I feel like a lot of filler was in this book. There was an entire chapter discussing different entities and attributes related to data structures inside the database. I guess that may prove to be helpful to some extent, but anyone with a database background should be able to figure this out with relative ease.

Bottom line, this book was helpful to get a general overview of the software capabilities. I do, however, think the 200 pages could have been better spent covering some basic topics.
4 of 5 people found the following review helpful
4.0 out of 5 stars Helpful, but already dated Aug. 6 2006
By M. James - Published on Amazon.com
Format:Paperback|Verified Purchase
Request Tracker (RT) is a great product. I am the only sysadmin at a small company, and having an automated tracking system is going to be an immense benefit for me. I bought "RT Essentials" to help me get up to speed on RT3 really quickly. And, since it was written by the programmer who's responsible for RT, the book had lots of detail and tips.

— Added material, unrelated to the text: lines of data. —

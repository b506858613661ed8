-- ===== src/Tools/Paging.antt =====
-- A reader who follows `next_offset` (tools.go: read).
use repo_extension.Base.{
  ℕ, zero, suc, ◌+◌, ◌-◌, ◌≤◌, ◌<◌, ◌≡◌, refl, sym, Bool, true, false, List, [], ◌++◌, ltb,
  if◌then◌else◌, arith,
}
use repo_extension.Base.Int.{ℤ, pos, less, int64_add, int64_limit}
use repo_extension.Base.Text.{Text}
use repo_extension.Base.Lists.{
  length, take, drop, take-append-drop, take_all, length-drop, drop-drop, drop_all,
}
use repo_extension.Tools.Files.{Page, past_end, page, page_of, shown_lines, next, first_line}

-- What the reader sees from a page on; `rest` is behind its end.
abbrev pub seen : (ℤ → List Text) → List Text → Page → List Text
seen rest lines past_end = []
seen rest lines (page start_idx end_idx true) = shown_lines lines start_idx end_idx ++ rest end_idx
seen rest lines (page start_idx end_idx false) = shown_lines lines start_idx end_idx

-- The lines that a reader sees who starts at `offset` and goes on from the `next_offset` of each reply.
unfoldable pub follow : ℕ → List Text → ℕ → ℤ → List Text
follow zero lines offset limit = []
follow (suc calls) lines offset limit =
    seen (λ end_idx. follow calls lines (first_line (next end_idx)) limit) lines
      (page_of (length lines) offset limit)

-- A page with a limit that does not overflow.
page_of_lem :
    (total s m : ℕ)
    → s ≤ total
    → s + suc m < int64_limit
    → page_of total (suc s) (pos (suc m))
      ≡ (if ltb (s + suc m) total then page s (pos (s + suc m)) true else page s (pos total) false)
unfolding page_of less int64_add
page_of_lem total s m hs hm = ground arith

module _ (lines : List Text) (m : ℕ) where
  abbrev total : ℕ
  total = length lines

  take-drop : (k s : ℕ) → take k (drop s lines) ++ drop (s + k) lines ≡ drop s lines
  take-drop k s = rw (← drop-drop k s lines) (take-append-drop k (drop s lines))

  -- One page more, when the reader sees the rest from its end.
  seen_from :
      (s : ℕ) (rest : ℤ → List Text) (b : Bool)
      → s ≤ total
      → ltb (s + suc m) total ≡ b
      → (s + suc m ≤ total → rest (pos (s + suc m)) ≡ drop (s + suc m) lines)
      → seen rest lines (if b then page s (pos (s + suc m)) true else page s (pos total) false)
        ≡ drop s lines
  unfolding shown_lines
  seen_from s rest true hs h ih =
      let k : s + suc m - s ≡ suc m = omega arith in rw (k, ih (ground arith)) (take-drop (suc m) s)
  seen_from s rest false hs h ih =
      take_all (total - s) (drop s lines) (omega (arith, length-drop s lines))

  next_line : (e : ℕ) → first_line (next (pos e)) ≡ suc e
  next_line e = let k : e + 1 ≡ suc e = omega arith in rw k refl

  -- The calls that remain are enough for the lines that remain.
  follow_from :
      (calls s : ℕ)
      → s ≤ total
      → total + suc m < int64_limit
      → total - s ≤ calls
      → follow calls lines (suc s) (pos (suc m)) ≡ drop s lines
  unfolding follow
  follow_from zero s hs hm hc = sym (drop_all s lines (omega arith))
  follow_from (suc calls) s hs hm hc = rw (page_of_lem total s m hs (omega arith)) (
      seen_from s _ (ltb (s + suc m) total) hs refl
        (λ k. rw (next_line (s + suc m)) (follow_from calls (s + suc m) k hm (omega arith))))

-- A file is read to its end: with a limit of at least one line, which does not overflow an int64 together
-- with the number of lines, a reader who starts at the first line and follows `next_offset` sees each line
-- of the file once and in order, after no more calls than the file has lines.
pub follow-all :
    (lines : List Text) (m : ℕ)
    → length lines + suc m < int64_limit
    → follow (length lines) lines 1 (pos (suc m)) ≡ lines
follow-all lines m h = follow_from lines m (length lines) 0 (omega arith) h (omega arith)
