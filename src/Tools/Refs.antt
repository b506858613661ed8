-- ===== src/Tools/Refs.antt =====
-- How references and matches are taken apart (tools.go: refBase, splitMatch).
use repo_extension.Base.{ℕ, ◌≡◌, ◌≢◌, refl, false, none, some, [], ◌∷◌, ◌++◌, ◌==◌, ==-refl, arith}
use repo_extension.Base.Text.{Text, Lacks, is_empty}
use repo_extension.Names.{colon, naming_session}
use repo_extension.Json.{Fields}
use repo_extension.Effects.{ret}
use repo_extension.Tools.{cut, split_match}
use repo_extension.Tools.Host.{Host}
use repo_extension.Tools.Sessions.{ref_parts, ref_base}

cut-append : (sep : ℕ) (p q : Text) → Lacks sep p → cut sep (p ++ (sep ∷ q)) ≡ some (p, q)
unfolding cut
cut-append sep [] q h = rw (==-refl sep)
cut-append sep (c ∷ p) q h =
    let apart : (c == sep) ≡ false = ground (arith, h.0) in rw (apart, cut-append sep p q h.1)

cut-none : (sep : ℕ) (p : Text) → Lacks sep p → cut sep p ≡ none
unfolding cut
cut-none sep [] h = refl
cut-none sep (c ∷ p) h =
    let apart : (c == sep) ≡ false = ground (arith, h.0) in rw (apart, cut-none sep p h.1)

-- A match of grep whose path and line number have no colon is taken apart in each of its three forms:
-- with a line number, the text then being any text; without one; and the path alone.
pub split_match_lem :
    (path line text : Text)
    → Lacks colon path
    → Lacks colon line
    → (split_match (path ++ (colon ∷ (line ++ (colon ∷ text)))) ≡ (path, line, text))
      × (split_match (path ++ (colon ∷ line)) ≡ (path, [], line))
      × (split_match path ≡ (path, [], []))
unfolding split_match
split_match_lem path line text hp hl = (
  rw (
    cut-append colon path (line ++ (colon ∷ text)) hp,
    split_match,
    cut-append colon line text hl,
  ),
  rw (cut-append colon path line hp, split_match, cut-none colon line hl),
  rw (cut-none colon path hp, split_match),
)

filled : (s : Text) → s ≢ [] → is_empty s ≡ false
filled [] h = absurd (h refl)
filled (c ∷ s) h = refl

is_empty-naming_session : (org repo rev : Text) → is_empty (naming_session org repo rev) ≡ false
unfolding naming_session
is_empty-naming_session [] repo rev = refl
is_empty-naming_session (c ∷ org) repo rev = refl

ref_parts-naming_session :
    (org repo rev : Text)
    → Lacks colon org
    → Lacks colon repo
    → ref_parts (naming_session org repo rev) ≡ some (org, repo, rev)
unfolding ref_parts naming_session
ref_parts-naming_session org repo rev ho hr =
    rw (cut-append colon org (repo ++ (colon ∷ rev)) ho, ref_parts, cut-append colon repo rev hr)

-- A ref argument `org:repo:rev` with three parts that are not empty, the first two without a colon, is
-- resolved to those parts with no call, for every session: the revision may hold colons.
pub ref_base-naming_session :
    (host : Host) (args : Fields) (session_name org repo rev : Text)
    → host.arg_string args "ref" ≡ naming_session org repo rev
    → Lacks colon org × (org ≢ [])
    → Lacks colon repo × (repo ≢ [])
    → rev ≢ []
    → ref_base host args session_name ≡ ret (org, repo, rev)
unfolding ref_base
ref_base-naming_session host args session_name org repo rev e (ho, ko) (hr, kr) kv = rw (
  e,
  is_empty-naming_session org repo rev,
  ref_parts-naming_session org repo rev ho hr,
  ref_base,
  filled org ko,
  filled repo kr,
  filled rev kv,
)
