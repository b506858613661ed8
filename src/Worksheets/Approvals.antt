-- ===== src/Worksheets/Approvals.antt =====
-- What the approval of a proposal executes (tools.go: forkBookmark and deleteBookmark; worksheets.go:
-- onCallHook and the actions). The decision carries back what the proposal published.
use repo_extension.Base.{
  Bool-cases, inl, inr, ◌≡◌, refl, ap, ◌∙◌, false, some, [], ◌∷◌, if◌then◌else◌,
}
use repo_extension.Base.Text.{Text, codes, text_eq, is_empty}
use repo_extension.Names.{Triple, parse_session, naming_session}
use repo_extension.Errs.{format, ◌%s◌, message_of}
use repo_extension.Json
use repo_extension.Json.{Fields, end}
use repo_extension.Effects.{publish_mailbox_event, ext, Prog, ret, call, handle, ◌>>◌}
use repo_extension.Http.{string_field}
use repo_extension.I18n.{tell}
use repo_extension.Store.{executed_worksheet}
use repo_extension.Agent.{fork_session}
use repo_extension.Worksheets.{
  Action, fork_action, delete_action, Prose, ensure_forked_at, delete_target, target_of,
  HookResponse, hook_ok, hook_internal, on_call_hook, worksheet_fields, exec_fork_request,
  exec_delete_bookmark, fork_steps, exec_action, after_claim, approve, worksheet_registry, arg,
}
use repo_extension.Tools.Bookmarks.{fork_args, delete_args}

-- The answer of the user to a published worksheet.
abbrev pub approval : Text → Text → Fields → Text → Fields
approval id action args origin =
    string_field "decision" (codes "approve") (worksheet_fields id action args origin)

-- An action that is executed by the first delivery of its decision alone, and reports to the session.
abbrev pub once : Text → Text → Prog Prose → Prog HookResponse
once id session_name action =
    handle (executed_worksheet id)
      (λ first.
        if first
        then handle action
            (λ prose. tell session_name "user_prompt" "text" prose.0 prose.1 >> ret hook_ok)
            (λ e. ret (hook_internal (message_of e)))
        else ret hook_ok)
      (λ _. ret (hook_internal (format "dedup check failed")))

-- The new workspace stands at the head that was pinned, and its session is forked at the pinned tip and
-- gets the quest.
abbrev pub forked : Triple → Text → Text → Text → Text → Text → Prog Prose
forked (o, r, b) session_name bookmark quest tip head = do
  ensure_forked_at o r bookmark (naming_session o r bookmark) head b
  fork_session session_name (naming_session o r bookmark) tip (codes "build")
  tell (naming_session o r bookmark) "event" "content"
      (format
          "You are forked from bookmark '%s'. After completing your quest, use the mr-create tool to send a merge request back to bookmark '%s'."
        %s b
        %s b)
      (format "你从书签「%s」派生而来。完成任务后，使用 mr-create 工具向书签「%s」发起合并请求。" %s b %s b)
  call
      (ext (
        publish_mailbox_event (naming_session o r bookmark) "user_prompt"
          (string_field "text" quest end)))
      (λ _. ret (
        format "fork '%s' created; sub-agent started on the quest" %s bookmark,
        format "已创建派生「%s」；子代理已开始执行任务" %s bookmark,
      ))

-- The bookmark and its session are gone.
abbrev pub deleted : Triple → Text → Text → Prog Prose
deleted (o, r, b) bookmark target =
    delete_target o r bookmark target
    >> ret (
      format "bookmark '%s' and its session deleted" %s bookmark,
      format "书签「%s」及其会话已删除" %s bookmark,
    )

naming_nonempty : (o r b : Text) → is_empty (naming_session o r b) ≡ false
unfolding naming_session
naming_nonempty [] r b = refl
naming_nonempty (c ∷ o) r b = refl

-- The decision names no other session.
no_session :
    (id action origin : Text) (args : Fields) → arg (approval id action args origin) "session" ≡ []
unfolding Json.get Json.str_from text_eq
no_session id action origin args = elim (Bool-cases (is_empty origin)) [
  | inl e ↦ rw e refl
  | inr e ↦ rw e refl
]

module _ (session_name id action origin : Text) (args : Fields) (known : Action)
    (identified : is_empty id ≡ false) (registered : worksheet_registry action ≡ some known) where
  -- An approval executes the action for the session that proposed it, with the published arguments.
  approved_action :
      on_call_hook (codes "worksheet-decided") session_name (approval id action args origin)
      ≡ once id session_name (exec_action known session_name args)
  unfolding on_call_hook Json.get Json.str_from text_eq approve after_claim
  approved_action =
      rw (identified, registered)
        (ap
          (λ sid.
            approve known id (if is_empty sid then session_name else sid)
              (approval id action args origin))
          (no_session id action origin args))

fork_registered : worksheet_registry (codes "fork-bookmark") ≡ some fork_action
unfolding worksheet_registry text_eq
fork_registered = refl

delete_registered : worksheet_registry (codes "delete-bookmark") ≡ some delete_action
unfolding worksheet_registry text_eq
delete_registered = refl

fork_fields :
    (bookmark quest b tip head : Text)
    → (arg (fork_args bookmark quest b tip head) "bookmark" ≡ bookmark)
      × (arg (fork_args bookmark quest b tip head) "quest" ≡ quest)
      × (arg (fork_args bookmark quest b tip head) "base_rev" ≡ head)
      × (arg (fork_args bookmark quest b tip head) "fork_tip" ≡ tip)
unfolding Json.get Json.str_from text_eq
fork_fields bookmark quest b tip head = (refl, refl, refl, refl)

delete_fields :
    (t : Triple) (bookmark : Text)
    → (arg (delete_args t bookmark) "bookmark" ≡ bookmark)
      × (arg (delete_args t bookmark) "session" ≡ naming_session t.0 t.1 bookmark)
unfolding Json.get Json.str_from text_eq
delete_fields t bookmark = (refl, refl)

steps_forked :
    (t : Triple) (session_name : Text) (args : Fields)
    → fork_steps t session_name args
      ≡ forked t session_name
          (arg args "bookmark")
          (arg args "quest")
          (arg args "fork_tip")
          (arg args "base_rev")
unfolding fork_steps
steps_forked t session_name args = refl

-- The tests of the actions are those of the tools.
module _ (session_name o r b : Text) (args : Fields)
    (spells : parse_session session_name ≡ some (o, r, b))
    (named : is_empty (arg args "bookmark") ≡ false) where
  fork_passes :
      is_empty (arg args "quest") ≡ false
      → exec_fork_request session_name args ≡ fork_steps (o, r, b) session_name args
  unfolding exec_fork_request
  fork_passes asked = rw (spells, exec_fork_request, named, asked)

  delete_passes :
      text_eq (arg args "bookmark") b ≡ false
      → text_eq (arg args "bookmark") (codes "main") ≡ false
      → exec_delete_bookmark session_name args
        ≡ deleted (o, r, b) (arg args "bookmark") (target_of o r args)
  unfolding exec_delete_bookmark
  delete_passes foreign kept = rw (spells, exec_delete_bookmark, named, foreign, kept)

module _ (session_name id origin bookmark o r b : Text)
    (spells : parse_session session_name ≡ some (o, r, b)) (named : is_empty bookmark ≡ false) where
  fork_executed :
      (quest tip head : Text)
      → is_empty quest ≡ false
      → exec_action fork_action session_name (fork_args bookmark quest b tip head)
        ≡ forked (o, r, b) session_name bookmark quest tip head
  unfolding exec_action
  fork_executed quest tip head asked =
      let (e1, e2, e3, e4) = fork_fields bookmark quest b tip head in
      let args = fork_args bookmark quest b tip head in
      fork_passes session_name o r b args spells (ap is_empty e1 ∙ named) (ap is_empty e2 ∙ asked)
      ∙ steps_forked (o, r, b) session_name args
      ∙ (λ i. forked (o, r, b) session_name (e1 i) (e2 i) (e4 i) (e3 i))

  delete_executed :
      text_eq bookmark b ≡ false
      → text_eq bookmark (codes "main") ≡ false
      → exec_action delete_action session_name (delete_args (o, r, b) bookmark)
        ≡ deleted (o, r, b) bookmark (naming_session o r bookmark)
  unfolding exec_action
  delete_executed foreign kept =
      let (e1, e2) = delete_fields (o, r, b) bookmark in
      let args = delete_args (o, r, b) bookmark in
      let target : target_of o r args ≡ naming_session o r bookmark =
        rw (e2, naming_nonempty o r bookmark) in
      delete_passes session_name o r b args spells (ap is_empty e1 ∙ named)
        (ap (λ x. text_eq x b) e1 ∙ foreign) (ap (λ x. text_eq x (codes "main")) e1 ∙ kept)
      ∙ (λ i. deleted (o, r, b) (e1 i) (target i))

  -- For a session whose name spells (o, r, b), a bookmark that is neither empty nor b nor main, a quest
  -- that is not empty, and a worksheet with an id: an approval that carries back what fork-bookmark
  -- or delete-bookmark published does, on its first delivery alone, exactly what was proposed.
  -- The fork is made with the head and the tip that were pinned when it was proposed, and the
  -- deletion is of this bookmark and the session that is named after it.
  pub on_call_hook-approved :
      (quest tip head : Text)
      → is_empty id ≡ false
      → is_empty quest ≡ false
      → text_eq bookmark b ≡ false
      → text_eq bookmark (codes "main") ≡ false
      → (on_call_hook
            (codes "worksheet-decided")
            session_name
            (approval id (codes "fork-bookmark") (fork_args bookmark quest b tip head) origin)
          ≡ once id session_name (forked (o, r, b) session_name bookmark quest tip head))
        × (on_call_hook
              (codes "worksheet-decided")
              session_name
              (approval id (codes "delete-bookmark") (delete_args (o, r, b) bookmark) origin)
            ≡ once id session_name (deleted (o, r, b) bookmark (naming_session o r bookmark)))
  on_call_hook-approved quest tip head identified asked foreign kept = (
    approved_action session_name id (codes "fork-bookmark") origin
          (fork_args bookmark quest b tip head) fork_action identified fork_registered
        ∙ ap (once id session_name) (fork_executed quest tip head asked),
    approved_action session_name id (codes "delete-bookmark") origin
          (delete_args (o, r, b) bookmark) delete_action identified delete_registered
        ∙ ap (once id session_name) (delete_executed foreign kept),
  )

However, when it came down to implementing some of the code in the book, I found that it was already outdated. For example, I tried to set up the Autoreply template with Password by copying the code straight out of the book. It didn't work because the program codebase has changed too much since the book was released.

I was able to fix my template problem by hooking into the great RT user community, where the author contributes frequently.

All in all, I thought the book was really helpful for getting RT installed and getting me up to speed. For the nitty-gritty, I'd rely on the online wiki and great user community.